Ohne beide Gegensätze gäbe es keine Energie,
denn sie bedingen sich einander so wie in der Symbolik von Yin und Yang. Ohne Kyo gibt es kein Jitsu und umgekehrt. Warum es ein zu viel an Jitsu überhaupt gibt, liegt daran, dass das Jitsu in der Regel Energie aus Kyo zieht. Wird diese Bewegung nicht ausgeglichen, hat dies zur Folge, dass Jitsu zu viel und Kyo zu wenig Energie hat.
Fülle- und Leere-Beschwerden können auf körperlich-seelischer Ebene mit der oben benannten Übereinstimmung und mit unserem höheren Tast- und Wahrnehmungssinn aufgespürt werden, weil man sie nicht nur in ihren Extremen beobachten, sondern auch tendenziell erfühlen kann.

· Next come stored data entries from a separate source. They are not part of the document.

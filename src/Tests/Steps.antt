-- ===== src/Tests/Steps.antt =====
-- What a run of the reducer unfolds, under one name.
use yatagarasu.Prelude.{
  string_eq, bool_eq, nat_eq, option_eq, list_eq, find, any, all, filter, count, update, get_last?,
  distinct,
}
use yatagarasu.Prelude.Int.{int_eq}
use native.Mathlib.Decide.{ℕ_discrete}
use yatagarasu.Types.{
  delivery_mode_eq, delivery_state_eq, disposition_eq, evidence_class_eq, provider_kind_eq,
  source_kind_eq, correlation_rule_eq, binding_state_eq,
}
use yatagarasu.Proofs.Timestamps.{parse_timestamp}
use yatagarasu.Proofs.Storage.{source_chain_json, proof_storage_fields}
use yatagarasu.Proofs.Markers.{sign, check_window, validate}
use yatagarasu.Proofs.Chain.{
  expected_names, identity_invalid, out_of_order, boot_changed, check_correlation, check_events,
  validate_session_proof,
}
use yatagarasu.Store.Deliveries.{get_delivery, update_in_state}
use yatagarasu.Store.Providers.{provider, provider_declares}
use yatagarasu.Store.Bindings.{session_binding, binding_proof_method}
use yatagarasu.Store.Receipts.{
  receipt_record, source_seen, receipt_row, receipt_admitted, insert_receipt, insert_audit,
  audit_row, accept_receipt,
}
use yatagarasu.Receipts.Transition.{validate_keys, transition}
use yatagarasu.Receipts.Participant.{replayed, validate_mode}
use yatagarasu.Receipts.Session.{
  last_source_id, check_binding, check_closure, check_source, validate_session_receipt,
}
use yatagarasu.Receipts.Reducer.{
  existing_receipt_result, check_session_evidence, reject, review, settle, submit,
}

-- what a run of `submit` unfolds
unfoldable pub all_steps : Unit {0}
unfolding ℕ_discrete find any all filter count update get_last? distinct string_eq bool_eq nat_eq
    option_eq list_eq int_eq delivery_mode_eq delivery_state_eq disposition_eq evidence_class_eq
    provider_kind_eq source_kind_eq correlation_rule_eq binding_state_eq parse_timestamp
    source_chain_json proof_storage_fields sign check_window validate expected_names
    identity_invalid out_of_order boot_changed check_correlation check_events validate_session_proof
    get_delivery update_in_state provider provider_declares session_binding binding_proof_method
    receipt_record source_seen receipt_row receipt_admitted insert_receipt insert_audit audit_row
    accept_receipt validate_keys transition replayed validate_mode last_source_id check_binding
    check_closure check_source validate_session_receipt existing_receipt_result
    check_session_evidence review settle submit reject
all_steps = tt
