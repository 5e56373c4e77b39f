-- ===== src/Tests/ReceiptExamples.antt =====
-- The theorems on the reducer at the fixture.
use yatagarasu.Prelude.{◌≡◌, refl, none, some, inl, [], ◌∷◌, ◌++◌}
use yatagarasu.Types.{transport_submitted, in_session, Delivery}
use yatagarasu.Store.Tables.{Store}
use yatagarasu.Store.Deliveries.{get_delivery}
use yatagarasu.Store.Receipts.{rejection_row}
use yatagarasu.Reasons
use yatagarasu.Receipts.Session.Evidence.{Evidenced}
use yatagarasu.Receipts.Reducer.{accepted, rejected, duplicate, submit}
use yatagarasu.Receipts.Verdicts.{Advanced, submit-Advanced, submit-rejected}
use yatagarasu.Receipts.Repeats.{submit-submit}
use yatagarasu.Receipts.Proven.{submit-Evidenced}
use yatagarasu.Tests.Fixture.{env, authority, store, prompt_receipt}
use yatagarasu.Tests.Steps.{all_steps}

abbrev entered : Store
entered = (submit env (some authority) prompt_receipt (store transport_submitted)).1

prompt_accepted :
    submit env (some authority) prompt_receipt (store transport_submitted)
    ≡ (accepted in_session none, entered)
unfolding all_steps
prompt_accepted = refl

submit-Advanced_example :
    Advanced env (some authority) prompt_receipt (store transport_submitted) entered in_session none
submit-Advanced_example =
    submit-Advanced env (some authority) prompt_receipt (store transport_submitted) entered
      prompt_accepted

submit-Evidenced_example :
    (before : Delivery) × (get_delivery "delivery-1" (store transport_submitted) ≡ some before)
    × Evidenced env (some authority) prompt_receipt before (store transport_submitted)
submit-Evidenced_example =
    submit-Evidenced env (some authority) prompt_receipt (store transport_submitted) entered
      in_session none prompt_accepted (inl refl)

submit-submit_example :
    submit env (some authority) prompt_receipt entered ≡ (duplicate (some in_session) none, entered)
submit-submit_example =
    submit-submit env prompt_receipt (some authority) (store transport_submitted) entered
      prompt_accepted

-- The reducer without a key accepts no session proof.
abbrev refused : Store
refused = (submit env none prompt_receipt (store transport_submitted)).1

prompt_rejected :
    submit env none prompt_receipt (store transport_submitted)
    ≡ (rejected Reasons.marker_authority_unavailable, refused)
unfolding all_steps
prompt_rejected = refl

submit-rejected_example :
    (refused.deliveries ≡ (store transport_submitted).deliveries)
    × (refused.receipts ≡ (store transport_submitted).receipts)
    × (refused.audit_log ≡ (store transport_submitted).audit_log)
    × (refused.session_bindings ≡ (store transport_submitted).session_bindings)
    × (refused.receipt_rejections
        ≡ (store transport_submitted).receipt_rejections
          ++ rejection_row prompt_receipt Reasons.marker_authority_unavailable ∷ [])
submit-rejected_example =
    submit-rejected env none prompt_receipt (store transport_submitted) refused prompt_rejected
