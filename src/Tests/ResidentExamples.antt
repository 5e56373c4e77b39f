-- ===== src/Tests/ResidentExamples.antt =====
-- The theorems on the resident at a stream of one event.
use yatagarasu.Prelude.{
  false, none, some, [], ◌∷◌, ◌≡◌, refl, string_eq, nat_eq, find, any, update, filter,
}
use native.Mathlib.Decide.{ℕ_discrete}
use yatagarasu.Prelude.Int.{pos, int_eq}
use yatagarasu.Cmux.Calls.{returned, raised, producer_error}
use yatagarasu.Cmux.Json.{get, object, no_fields}
use yatagarasu.Cmux.Outbox.{
  DerivedEvent, cursor, commit_event, validate_event, commit_body, commit_new, check_cursor,
  insert_event, upsert_cursor, record_reconnect_replay, insert_audit, outbox_events,
}
use yatagarasu.Cmux.Protocol.{parse_ack, project}
use yatagarasu.Cmux.Emitter.{Collaborators}
use yatagarasu.Cmux.Producer
use yatagarasu.Cmux.Producer.{translate_derived_event}
use yatagarasu.Cmux.Producer.Chains.{new_producer}
use yatagarasu.Cmux.Resident.{
  Resident, Client, new_tally, feed, on_event, note_replay, resnapshot, consume, after_ack, connect,
  connect_times, run,
}
use yatagarasu.Cmux.Resident.Trail.{Trail}
use yatagarasu.Cmux.Resident.Plane.{on_event-uncommitted}
use yatagarasu.Tests.Wiring.{wire, given, in_session}
use yatagarasu.Tests.ProtocolExamples.{ack_frame, acknowledged, event_frame}

abbrev client : Client
client = record {
  open_stream = λ n after. returned ack_frame ∷ returned (event_frame in_session) ∷ [];
  snapshots = λ n. returned [];
  describe = λ value. "None";
}

abbrev resident : Resident
resident = record {
  outbox = record { cursors = []; events = []; audits = []; baselines = [] };
  producer = some new_producer;
  tally = new_tally;
}

-- with no producer, and every text read as an object: the first connection commits the event, and
-- the second, which resumes from it, finds it again
abbrev reading : Collaborators
reading = record given { wire = record wire { loads = λ s. some (object no_fields) } }

abbrev alone : Resident
alone = record resident { producer = none }

abbrev after_run : Resident
after_run = (run reading client "cmux-1" 2 alone).1

-- the text of the event is not one that `loads` reads
abbrev event : DerivedEvent
event = record {
  source_instance_id = "cmux-1";
  boot_id = "boot-1";
  seq = pos 1;
  source_event_id = "input";
  event_name = "surface.input_sent";
  event_json = "{}";
}

committed :
    (after_run.outbox.events ≡ event ∷ [])
    × (after_run.tally.inserted_count ≡ 1)
    × (after_run.tally.duplicate_count ≡ 1)
unfolding run connect_times connect after_ack consume on_event note_replay resnapshot parse_ack
    project cursor find any update get string_eq nat_eq ℕ_discrete int_eq commit_event
    validate_event commit_body commit_new check_cursor insert_event upsert_cursor
    record_reconnect_replay insert_audit outbox_events filter
committed = (refl, refl, refl)

projects : project wire "cmux-1" (event_frame in_session) "boot-1" ≡ returned event
unfolding project get string_eq nat_eq ℕ_discrete int_eq
projects = refl

failed :
    feed given client "cmux-1" (some new_producer) event
    ≡ (raised (producer_error "derived event JSON is malformed"), some new_producer)
unfolding Producer.observe translate_derived_event string_eq
failed = refl

on_event-uncommitted_example :
    on_event given client "cmux-1" acknowledged false (event_frame in_session) resident
    ≡ (raised (producer_error "derived event JSON is malformed"), resident)
on_event-uncommitted_example =
    on_event-uncommitted given client "cmux-1" acknowledged false (event_frame in_session) event
      (producer_error "derived event JSON is malformed") (some new_producer) resident projects
      failed
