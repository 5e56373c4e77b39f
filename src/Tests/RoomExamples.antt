-- ===== src/Tests/RoomExamples.antt =====
-- The theorem on rosters at a room of two.
use yatagarasu.Prelude.{[], ◌∷◌, string_eq, nat_eq, any, filter, distinct, ◌≡◌, refl}
use native.Mathlib.Decide.{ℕ_discrete}
use yatagarasu.Types.{queued}
use yatagarasu.Store.Tables.{Store}
use yatagarasu.Store.Exec.{ok}
use yatagarasu.Store.Rooms.{replace_room_roster, room_roster}
use yatagarasu.Store.Rooms.Roster.{room_roster-replace_room_roster}
use yatagarasu.Tests.Fixture.{store}

abbrev replaced : Store
replaced = (replace_room_roster "room-1" ("yuki" ∷ "tama" ∷ []) (store queued)).1

accepted : replace_room_roster "room-1" ("yuki" ∷ "tama" ∷ []) (store queued) ≡ (ok tt, replaced)
unfolding ℕ_discrete any filter distinct string_eq nat_eq replace_room_roster
accepted = refl

room_roster-replace_room_roster_example : room_roster "room-1" replaced ≡ "yuki" ∷ "tama" ∷ []
room_roster-replace_room_roster_example =
    room_roster-replace_room_roster "room-1" ("yuki" ∷ "tama" ∷ []) (store queued) accepted
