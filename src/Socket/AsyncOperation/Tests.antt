-- ===== src/Socket/AsyncOperation/Tests.antt =====
-- Asynchronous operations on concrete buffers.
use asrt.Base.{ℕ, ◌≡◌, refl, true, false, some, List, [], ◌∷◌, arith, min}
use asrt.ErrorCode.{Result, ok, err, try_again}
use asrt.NetBuffer.{BufferView, contents}
use asrt.Socket.AsyncOperation.{
  AsyncOperation, send, receive, Outcome, reset, perform_initiation, perform_continuation,
}
use asrt.Socket.AsyncOperation.Rounds.{IsKernel}
use asrt.Socket.AsyncOperation.Transfer.{Moves, transfer}
use asrt.Socket.AsyncOperation.Speculative.{
  SameOutcome, follow, speculative_round, exhaustive_transfer,
}
use asrt.Socket.AsyncOperation.Completion.{Progresses, transfer_completes}

abbrev bytes : List ℕ
bytes = 10 ∷ 11 ∷ 12 ∷ 13 ∷ 14 ∷ 15 ∷ []

abbrev middle : BufferView
middle = record { start = 1; size = 4 }

-- A kernel that has room for three bytes, and one that is busy.
abbrev three : BufferView → Result ℕ
three v = ok (min 3 v.size)

abbrev busy : BufferView → Result ℕ
busy v = err try_again

abbrev idle : AsyncOperation ℕ ℕ
idle = reset 0

abbrev sending : AsyncOperation ℕ ℕ
sending = record {
  total_bytes = 4;
  operation_ongoing = true;
  is_exhaustive = true;
  buffer_view = middle;
  completion_handler = some 7;
  completion_result = ok 0;
}

three-IsKernel : IsKernel three
three-IsKernel v n e = ground arith

busy-IsKernel : IsKernel busy
busy-IsKernel v n e = cc

three-Progresses : Progresses three
three-Progresses v h = (min 3 v.size, refl, omega arith)

speculative_round_example :
    let begun = (perform_initiation send false true middle 7 three idle).after in
    (o : Outcome ℕ ℕ) × (perform_continuation send three begun ≡ some o)
    × SameOutcome (perform_initiation send true true middle 7 three idle) o
speculative_round_example = speculative_round send true middle 7 three idle refl

exhaustive_transfer_example :
    let p =
      follow send bytes middle three
        (busy ∷ three ∷ [])
        (perform_initiation send true true middle 7 three idle) in
    (left : List ℕ) × Moves (contents bytes middle) p.moved left (some 7) p.notified
exhaustive_transfer_example =
    exhaustive_transfer send bytes middle 7 three (busy ∷ three ∷ []) idle three-IsKernel
      (busy-IsKernel, (three-IsKernel, tt)) refl

transfer_completes_example :
    let p = transfer receive bytes (three ∷ three ∷ three ∷ three ∷ []) sending in
    (n : ℕ) × (p.notified ≡ some (some 7, ok n)) × (p.moved ≡ contents bytes middle)
transfer_completes_example =
    transfer_completes receive bytes (three ∷ three ∷ three ∷ three ∷ []) sending
      (three-IsKernel, (three-IsKernel, (three-IsKernel, (three-IsKernel, tt))))
      (three-Progresses, (three-Progresses, (three-Progresses, (three-Progresses, tt))))
      (refl, refl) (omega arith) (omega arith)

abbrev connecting : AsyncOperation ℕ (Unit {0})
connecting = record {
  total_bytes = 4;
  operation_ongoing = true;
  is_exhaustive = false;
  buffer_view = middle;
  completion_handler = some 7;
  completion_result = ok tt;
}
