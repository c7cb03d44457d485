-- ===== src/Socket/BasicSocket.antt =====
-- include/asrt/socket/basic_socket.hpp: opening, binding and closing a socket, its registration with the
-- reactor, and its blocking mode. The answers of the system calls and of the reactor are arguments; the
-- calls made are returned in order.
pub mod Course
pub mod Tests
use Prim.Native.Nat.{bit_and, bit_or}
use asrt.Base.{
  ℕ, ◌+◌, ◌-◌, Bool, true, false, not, ◌&&◌, Option, none, some, List, [], ◌∷◌, ◌++◌, ◌==◌,
  if◌then◌else◌,
}
use asrt.ErrorCode.{
  ErrorCode, Result, ok, err, socket_not_open, socket_already_open, socket_already_bound,
  protocol_mismatch,
}
use asrt.Reactor.Entry.{NativeHandle, invalid_native_handle}

pub data Call : Type 0 where
  socket : Bool → Call
  register bind close : NativeHandle → Call
  deregister : Option ℕ → Call
  get_flags : NativeHandle → Call
  set_flags : NativeHandle → ℕ → Call

-- The values of `BasicSocketState` that are set.
abbrev pub closed : ℕ
closed = 0

abbrev pub open_state : ℕ
open_state = 1

abbrev pub bound : ℕ
bound = 2

-- `reactor_handle` is `none` for kInvalidHandlerTag.
pub record BasicSocket : Type 0 where
  pub basic_socket_state : ℕ
  pub socket_handle : NativeHandle
  pub reactor_handle : Option ℕ
  pub has_reactor : Bool
  pub is_non_blocking : Bool

abbrev pub new_socket : Bool → BasicSocket
new_socket has_reactor = record {
  basic_socket_state = closed;
  socket_handle = invalid_native_handle;
  reactor_handle = none;
  has_reactor = has_reactor;
  is_non_blocking = false;
}

-- A method's result, the socket behind it, and its calls.
pub record Done : Type 0 where
  pub result : Result (Unit {0})
  pub after : BasicSocket
  pub calls : List Call

unfoldable pub is_closed : BasicSocket → Bool
is_closed s = s.basic_socket_state == closed

unfoldable pub is_bound : BasicSocket → Bool
is_bound s = bit_and s.basic_socket_state bound == bound

-- `SetBasicSockState` of kOpen and kBound, which are added to the state.
unfoldable pub set_flag : ℕ → BasicSocket → BasicSocket
set_flag flag s = record s { basic_socket_state = bit_or s.basic_socket_state flag }

unfoldable pub has_handle : BasicSocket → Bool
has_handle s = elim s.reactor_handle [ none ↦ false | some tag ↦ true ]

-- `AssignNativeHandle` with `RegisterToReactor`, which the reactor answers with a handler tag.
unfoldable pub assign_native_handle : NativeHandle → Result ℕ → BasicSocket → Done
unfolding set_flag has_handle
assign_native_handle handle registration s =
    let held : BasicSocket = record s { socket_handle = handle } in
    if s.has_reactor && not (has_handle s)
    then elim registration [
      | ok tag ↦ record {
        result = ok tt;
        after =
            set_flag open_state (record held { reactor_handle = some tag; is_non_blocking = true });
        calls = register handle ∷ [];
      }
      | err error ↦ record {
        result = err error;
        after = held;
        calls = register handle ∷ close handle ∷ [];
      }
    ]
    else record { result = ok tt; after = set_flag open_state held; calls = [] }

-- `DoOpenSocket`. The descriptor is made non-blocking where there is a reactor.
unfoldable pub do_open_socket : Result NativeHandle → Result ℕ → BasicSocket → Done
unfolding assign_native_handle
do_open_socket descriptor registration s = elim descriptor [
  | err error ↦ record { result = err error; after = s; calls = socket s.has_reactor ∷ [] }
  | ok handle ↦
      let d = assign_native_handle handle registration s in
      record d { calls = socket s.has_reactor ∷ d.calls }
]

unfoldable pub open_socket : Result NativeHandle → Result ℕ → BasicSocket → Done
unfolding do_open_socket is_closed
open_socket descriptor registration s =
    if is_closed s
    then do_open_socket descriptor registration s
    else record { result = err socket_already_open; after = s; calls = [] }

unfoldable pub try_open_socket : Result NativeHandle → Result ℕ → BasicSocket → Done
unfolding do_open_socket is_closed
try_open_socket descriptor registration s =
    if is_closed s
    then do_open_socket descriptor registration s
    else record { result = ok tt; after = s; calls = [] }

as_closed : BasicSocket → BasicSocket
as_closed s = record s { basic_socket_state = closed; socket_handle = invalid_native_handle }

-- `Close`. With a reactor, `answer` is that of `Deregister` and `in_use` that of `IsInUse` behind it;
-- without one, `answer` is that of close(2).
unfoldable pub close_socket : Result (Unit {0}) → Bool → BasicSocket → Done
unfolding is_closed as_closed
close_socket answer in_use s =
    if is_closed s
    then record { result = ok tt; after = s; calls = [] }
    else if s.has_reactor
    then record {
      result = answer;
      after = elim answer [ ok done ↦ if in_use then s else as_closed s | err error ↦ s ];
      calls = deregister s.reactor_handle ∷ [];
    }
    else record {
      result = answer;
      after = elim answer [ ok done ↦ as_closed s | err error ↦ s ];
      calls = close s.socket_handle ∷ [];
    }

-- `Bind` behind `TryOpenSocket`.
bind_open : Bool → Result (Unit {0}) → Done → Done
unfolding set_flag
bind_open protocol_matches answer d = elim d.result [
  | err error ↦ d
  | ok done ↦ if not protocol_matches then record d { result = err protocol_mismatch } else record {
    result = answer;
    after = elim answer [ ok done ↦ set_flag bound d.after | err error ↦ d.after ];
    calls = d.calls ++ bind d.after.socket_handle ∷ [];
  }
]

unfoldable pub bind_socket :
    Result NativeHandle → Result ℕ → Bool → Result (Unit {0}) → BasicSocket → Done
unfolding is_bound try_open_socket bind_open
bind_socket descriptor registration protocol_matches answer s =
    if is_bound s
    then record { result = err socket_already_bound; after = s; calls = [] }
    else bind_open protocol_matches answer (try_open_socket descriptor registration s)

-- O_NONBLOCK of Linux.
abbrev o_nonblock : ℕ
o_nonblock = 2048

-- `ToggleNonBlockingModeInternal`, given the flags of the descriptor and the answer to setting them.
unfoldable pub toggle_non_blocking : Bool → Result ℕ → Result (Unit {0}) → BasicSocket → Done
unfolding is_closed
toggle_non_blocking enable flags answer s =
    if is_closed s
    then record { result = err socket_not_open; after = s; calls = [] }
    else elim flags [
      | err error ↦ record { result = err error; after = s; calls = get_flags s.socket_handle ∷ [] }
      | ok old ↦
          if bit_and old o_nonblock == (if enable then 1 else 0)
          then record {
            result = ok tt;
            after = record s { is_non_blocking = enable };
            calls = get_flags s.socket_handle ∷ [];
          }
          else record {
            result = answer;
            after = elim answer [ ok done ↦ record s { is_non_blocking = enable } | err error ↦ s ];
            calls =
                get_flags s.socket_handle
                ∷ set_flags s.socket_handle
                    (if enable then bit_or old o_nonblock else old - bit_and old o_nonblock)
                ∷ [];
          }
    ]

-- `SetNonBlocking` for `true`, `SetBlocking` for `false`.
unfoldable pub set_mode : Bool → Result ℕ → Result (Unit {0}) → BasicSocket → Done
unfolding toggle_non_blocking
set_mode enable flags answer s =
    if (if enable then s.is_non_blocking else not s.is_non_blocking)
    then record { result = ok tt; after = s; calls = [] }
    else toggle_non_blocking enable flags answer s
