-- ===== src/Socket/BasicSocket/Course.antt =====
-- A socket under every course of its methods.
use Prim.Native.Nat.{bit_or}
use asrt.Base.{
  ℕ, ◌≡◌, ◌≢◌, refl, ap, ◌∙◌, Bool, true, false, Option, none, some, List, [], ◌∷◌, ◌++◌, arith,
  ◌⊎◌, inl, inr, All, All-append,
}
use asrt.ErrorCode.{Result, ok}
use asrt.Reactor.Entry.{NativeHandle}
use asrt.Socket.BasicSocket.{
  BasicSocket, Done, Call, register, new_socket, open_socket, close_socket, bind_socket, set_mode,
  toggle_non_blocking, is_closed, is_bound, set_flag, has_handle, assign_native_handle,
  do_open_socket, try_open_socket, as_closed, bind_open,
}

pub data Move : Type 0 where
  opens : Result NativeHandle → Result ℕ → Move
  closes : Result (Unit {0}) → Bool → Move
  binds : Result NativeHandle → Result ℕ → Bool → Result (Unit {0}) → Move
  sets_mode : Bool → Result ℕ → Result (Unit {0}) → Move

unfoldable pub step : Move → BasicSocket → Done
step (opens descriptor registration) s = open_socket descriptor registration s
step (closes answer in_use) s = close_socket answer in_use s
step (binds descriptor registration matches answer) s =
    bind_socket descriptor registration matches answer s
step (sets_mode enable flags answer) s = set_mode enable flags answer s

-- The socket and all the calls behind a course of methods.
unfoldable pub course : List Move → BasicSocket → BasicSocket × List Call
unfolding step
course [] s = (s, [])
course (move ∷ moves) s =
    let d = step move s in let rest = course moves d.after in (rest.0, d.calls ++ rest.1)

abbrev pub IsRegister : Call → Type 0
IsRegister (register handle) = Unit
IsRegister _ = ⊥

abbrev pub NotRegister : Call → Type 0
NotRegister call = ¬ IsRegister call

abbrev State : ℕ → Type 0
State n = (n ≡ 0) ⊎ (n ≡ 1) ⊎ (n ≡ 3)

State-open : (n : ℕ) → State n → (bit_or n 1 ≡ 1) ⊎ (bit_or n 1 ≡ 3)
State-open n (inl e) = inl (rw e refl)
State-open n (inr (inl e)) = inl (rw e refl)
State-open n (inr (inr e)) = inr (rw e refl)

State-bound : (n : ℕ) → State n → n ≢ 0 → bit_or n 2 ≡ 3
State-bound n (inl e) h = absurd (h e)
State-bound n (inr (inl e)) h = rw e refl
State-bound n (inr (inr e)) h = rw e refl

-- The states of a socket are closed, open, and open and bound; an open socket of a reactor has a handle
-- there.
abbrev pub IsSound : BasicSocket → Type 0
IsSound s =
    ((s.basic_socket_state ≡ 0) ⊎ (s.basic_socket_state ≡ 1) ⊎ (s.basic_socket_state ≡ 3))
    × ((s.basic_socket_state ≡ 0) ⊎ (s.has_reactor ≡ false) ⊎ (has_handle s ≡ true))

-- The same, and open if the result is a success.
abbrev IsOpened : Done → Type 0
IsOpened d = IsSound d.after × ((d.after.basic_socket_state ≢ 0) ⊎ (d.result ≢ ok tt))

do_open_socket-IsOpened :
    (descriptor : Result NativeHandle) (registration : Result ℕ) (s : BasicSocket)
    → IsSound s
    → IsOpened (do_open_socket descriptor registration s)
unfolding do_open_socket assign_native_handle set_flag has_handle
do_open_socket-IsOpened descriptor registration s (state, handle) =
    ground (arith, State-open s.basic_socket_state state)

try_open_socket-IsOpened :
    (descriptor : Result NativeHandle) (registration : Result ℕ) (s : BasicSocket)
    → IsSound s
    → IsOpened (try_open_socket descriptor registration s)
unfolding try_open_socket is_closed
try_open_socket-IsOpened descriptor registration s sound =
    ground (arith, do_open_socket-IsOpened descriptor registration s sound)

bind_open-IsSound :
    (matches : Bool) (answer : Result (Unit {0})) (d : Done)
    → IsOpened d
    → IsSound (bind_open matches answer d).after
unfolding bind_open set_flag has_handle
bind_open-IsSound matches answer d (sound, opened) =
    ground (arith, State-bound d.after.basic_socket_state sound.0)

step-IsSound : (move : Move) (s : BasicSocket) → IsSound s → IsSound (step move s).after
unfolding step open_socket close_socket bind_socket set_mode toggle_non_blocking as_closed
    has_handle
step-IsSound (opens descriptor registration) s sound =
    ground (arith, do_open_socket-IsOpened descriptor registration s sound)
step-IsSound (closes answer in_use) s sound = ground arith
step-IsSound (binds descriptor registration matches answer) s sound = ground (
  arith,
  bind_open-IsSound matches answer (try_open_socket descriptor registration s)
      (try_open_socket-IsOpened descriptor registration s sound),
)
step-IsSound (sets_mode enable flags answer) s sound = ground arith

course-IsSound_from : (moves : List Move) (s : BasicSocket) → IsSound s → IsSound (course moves s).0
unfolding course
course-IsSound_from [] s sound = sound
course-IsSound_from (move ∷ moves) s sound =
    course-IsSound_from moves (step move s).after (step-IsSound move s sound)

-- Under every course of Open, Close, Bind and changes of the mode, whatever is answered, the state is
-- closed, open, or open and bound, and an open socket of a reactor has a handle there.
pub course-IsSound :
    (has_reactor : Bool) (moves : List Move) → IsSound (course moves (new_socket has_reactor)).0
course-IsSound has_reactor moves =
    course-IsSound_from moves (new_socket has_reactor) (inl refl, inl refl)

step_registered :
    (move : Move) (s : BasicSocket)
    → has_handle s ≡ true
    → ((step move s).after.reactor_handle ≡ s.reactor_handle) × All NotRegister (step move s).calls
unfolding step open_socket close_socket bind_socket set_mode toggle_non_blocking as_closed
    has_handle try_open_socket bind_open set_flag do_open_socket assign_native_handle is_closed
    is_bound
step_registered (opens descriptor registration) s h = ground arith
step_registered (closes answer in_use) s h = ground arith
step_registered (binds descriptor registration matches answer) s h = ground arith
step_registered (sets_mode enable flags answer) s h = ground arith

-- Once a socket has a handle of the reactor, it keeps this handle and never registers again, whatever is
-- closed, opened and bound afterwards.
pub registered_once :
    (moves : List Move) (s : BasicSocket)
    → has_handle s ≡ true
    → let (s', calls) = course moves s in
      (s'.reactor_handle ≡ s.reactor_handle) × All NotRegister calls
unfolding course has_handle
registered_once [] s h = (refl, tt)
registered_once (move ∷ moves) s h =
    let (same, none_now) = step_registered move s h in
    let (later, none_later) =
      registered_once moves (step move s).after
        (ap (λ (t : Option ℕ). elim t [ none ↦ false | some tag ↦ true ]) same ∙ h) in
    (
      later ∙ same,
      All-append NotRegister (step move s).calls (course moves (step move s).after).1 none_now
          none_later,
    )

In der Problematik physiologischer Auffälligkeiten lassen sich Jitsu-Zonen schneller erkunden, da diese sich hart anfühlen, aber auch durchaus elastisch sein können. Gegenüber Kyo-Zonen sind sie auch visuell leichter zu erfassen und erfahrbar. Wenn man eine Kyo-Zone dehnt, bleibt sie schlaff, sowohl in der gestreckten, als auch ungestreckten Position.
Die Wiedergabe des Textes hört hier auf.